# Fresh double cream



## MaryAndreou (Jul 20, 2017)

Hello
Is it possible to buy fresh double cream here? I have only found sour cream, and uht. What do you use in desserts? I find the uht has a funny taste and the whipping cream on sale does not whip up stiff. Lanitis seem to sell fresh double cream but only a huge bottle which for 2 or even 4 would be a waste.
Many thanks
Mary


----------



## Veronica (Apr 5, 2008)

The only fresh cream we have found is 1 litre bottles which Alphamega sell.

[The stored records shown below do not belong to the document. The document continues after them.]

-- ===== src/Client/Start.antt =====
-- thingsboard_set_state, start_client and prov_callback of src/thingsboard.c, which call one
-- another. `start_client` takes the depth of its own calls that are still allowed; two are enough.
pub mod Depth
pub mod Keeps
pub mod Plugged
pub mod Watching
pub mod Live
pub mod Settled
use thingsboard_sdk.Base.{
  ℕ, zero, suc, Bool, true, false, Option, none, some, Bytes, ◌==◌, if◌then◌else◌, ◌&&◌, not,
}
use thingsboard_sdk.Types.{
  Result, ok, err, ReturnCode, ThingsboardState, init, connecting, connected, suspended,
  disconnected, provisioned, became_active, became_suspended, became_disconnected, Configuration,
  FirmwareInfo,
}
use thingsboard_sdk.Platform.{Env, assert_failed, state_is_handled}
use thingsboard_sdk.World.{World, M, ◌>>=◌, ◌>>◌, pure, done, emit, when, get_world, modify_client}
use thingsboard_sdk.Requests.{lock, unlock, event}
use thingsboard_sdk.TimeSync.{start_time_sync}
use thingsboard_sdk.Fota.Start.{fota_init, fota_confirm_update, c_string}
use thingsboard_sdk.Socket.{socket_close}
use thingsboard_sdk.Provision.{provision_device}
use thingsboard_sdk.Attributes.{subscribe_attributes}

-- The value of the C enum.
abbrev pub state_number : ThingsboardState → ℕ
state_number init = 0
state_number connecting = 1
state_number connected = 2
state_number suspended = 3
state_number disconnected = 4

-- The `switch` of thingsboard_set_state, with its four handlers. `start` is start_client.
unfoldable pub handle_state : M (Unit {0}) → ThingsboardState → M (Unit {0})
handle_state start init = emit (assert_failed state_is_handled)
handle_state start connecting = start
handle_state start connected = event became_active
handle_state start suspended = event became_suspended
handle_state start disconnected = event became_disconnected

-- thingsboard_set_state
unfoldable pub set_state_with : M (Unit {0}) → ThingsboardState → M (Unit {0})
unfolding handle_state
set_state_with start new_state w =
    (do
      lock
      if state_number new_state == state_number w.client.state then done else (do
        modify_client (λ c. record c { state = new_state })
        handle_state start new_state)
      unlock)
      w

abbrev pub device_name_of : Option Configuration → Bytes
device_name_of none = c_string none
device_name_of (some c) = c_string c.device_name

abbrev pub firmware_of : Option Configuration → FirmwareInfo
firmware_of none = record { title = none; version = none }
firmware_of (some c) = c.current_firmware

abbrev pub set_token : Bytes → M (Unit {0})
set_token token = modify_client λ c. record c { access_token = some token }

-- prov_callback
unfoldable pub prov_callback_with : M (Unit {0}) → Bytes → M (Unit {0})
prov_callback_with start token = do set_token token; event provisioned; start

module _ (e : Env) where
  -- The firmware part of start_client.
  pub start_fota : M (Unit {0})
  start_fota w = (do fota_init e (firmware_of w.client.config); fota_confirm_update e; done) w

  -- What start_client does with the result of the subscription.
  after_subscribe : M (Unit {0}) → ReturnCode → M (Unit {0})
  after_subscribe start (err _) = do
    w ← get_world
    socket_close e w.client.server_socket
    set_state_with start disconnected
  after_subscribe start (ok _) = do
    when e.kconfig.time start_time_sync
    set_state_with start connected

  -- The part of start_client for which there is a token.
  go_online : M (Unit {0}) → M (Unit {0})
  unfolding start_fota after_subscribe
  go_online start = do
    when e.kconfig.fota start_fota
    res ← subscribe_attributes e
    after_subscribe start res

  -- What start_client does with the result of the provisioning.
  after_provision : M (Unit {0}) → ReturnCode → M (Unit {0})
  after_provision start (err _) = set_state_with start disconnected
  after_provision start (ok _) = done

  ask_token : M (Unit {0}) → M (Unit {0})
  unfolding after_provision
  ask_token start = do
    w ← get_world
    res ← provision_device e (prov_callback_with start) (device_name_of w.client.config)
    after_provision start res

  obtain_token : M (Unit {0}) → M (Unit {0})
  unfolding ask_token go_online
  obtain_token start =
      if e.kconfig.use_provisioning
      then ask_token start
      else (do set_token e.kconfig.access_token; go_online start)

  start_with : M (Unit {0}) → Option Bytes → M (Unit {0})
  unfolding obtain_token go_online
  start_with start none = if e.kconfig.dtls then go_online start else obtain_token start
  start_with start (some token) = go_online start

  -- start_client
  unfoldable pub start_client : ℕ → M (Unit {0})
  unfolding start_with
  start_client zero w = (w, tt)
  start_client (suc depth) w = start_with (start_client depth) w.client.access_token w

  -- thingsboard_set_state, with depth enough
  unfoldable pub set_state : ThingsboardState → M (Unit {0})
  set_state new_state = set_state_with (start_client 2) new_state

  unfoldable pub prov_callback : Bytes → M (Unit {0})
  prov_callback token = prov_callback_with (start_client 2) token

It keeps for a good few days in the fridge so we (2ofus) usually have no problem using it up.


----------



## Trotters (Jun 22, 2016)

It seems the only fresh double cream that is available in the supermarkets, is as you say the large bottle from Lanitis. You can freeze cream if it is at least 35% fat, so check the fat content on that one and if OK to freeze perhaps you could freeze some of it to avoid wasteage.

Are you in Paphos? As there is a shop near Coral Bay which stocks smaller bottles of it.


----------



## MaryAndreou (Jul 20, 2017)

Many thanks! Live Nicosia but will try freezing. Lanitis cream is 40% fat. I also think should request smaller amounts from Lanitis! They now have smaller milk bottles!


----------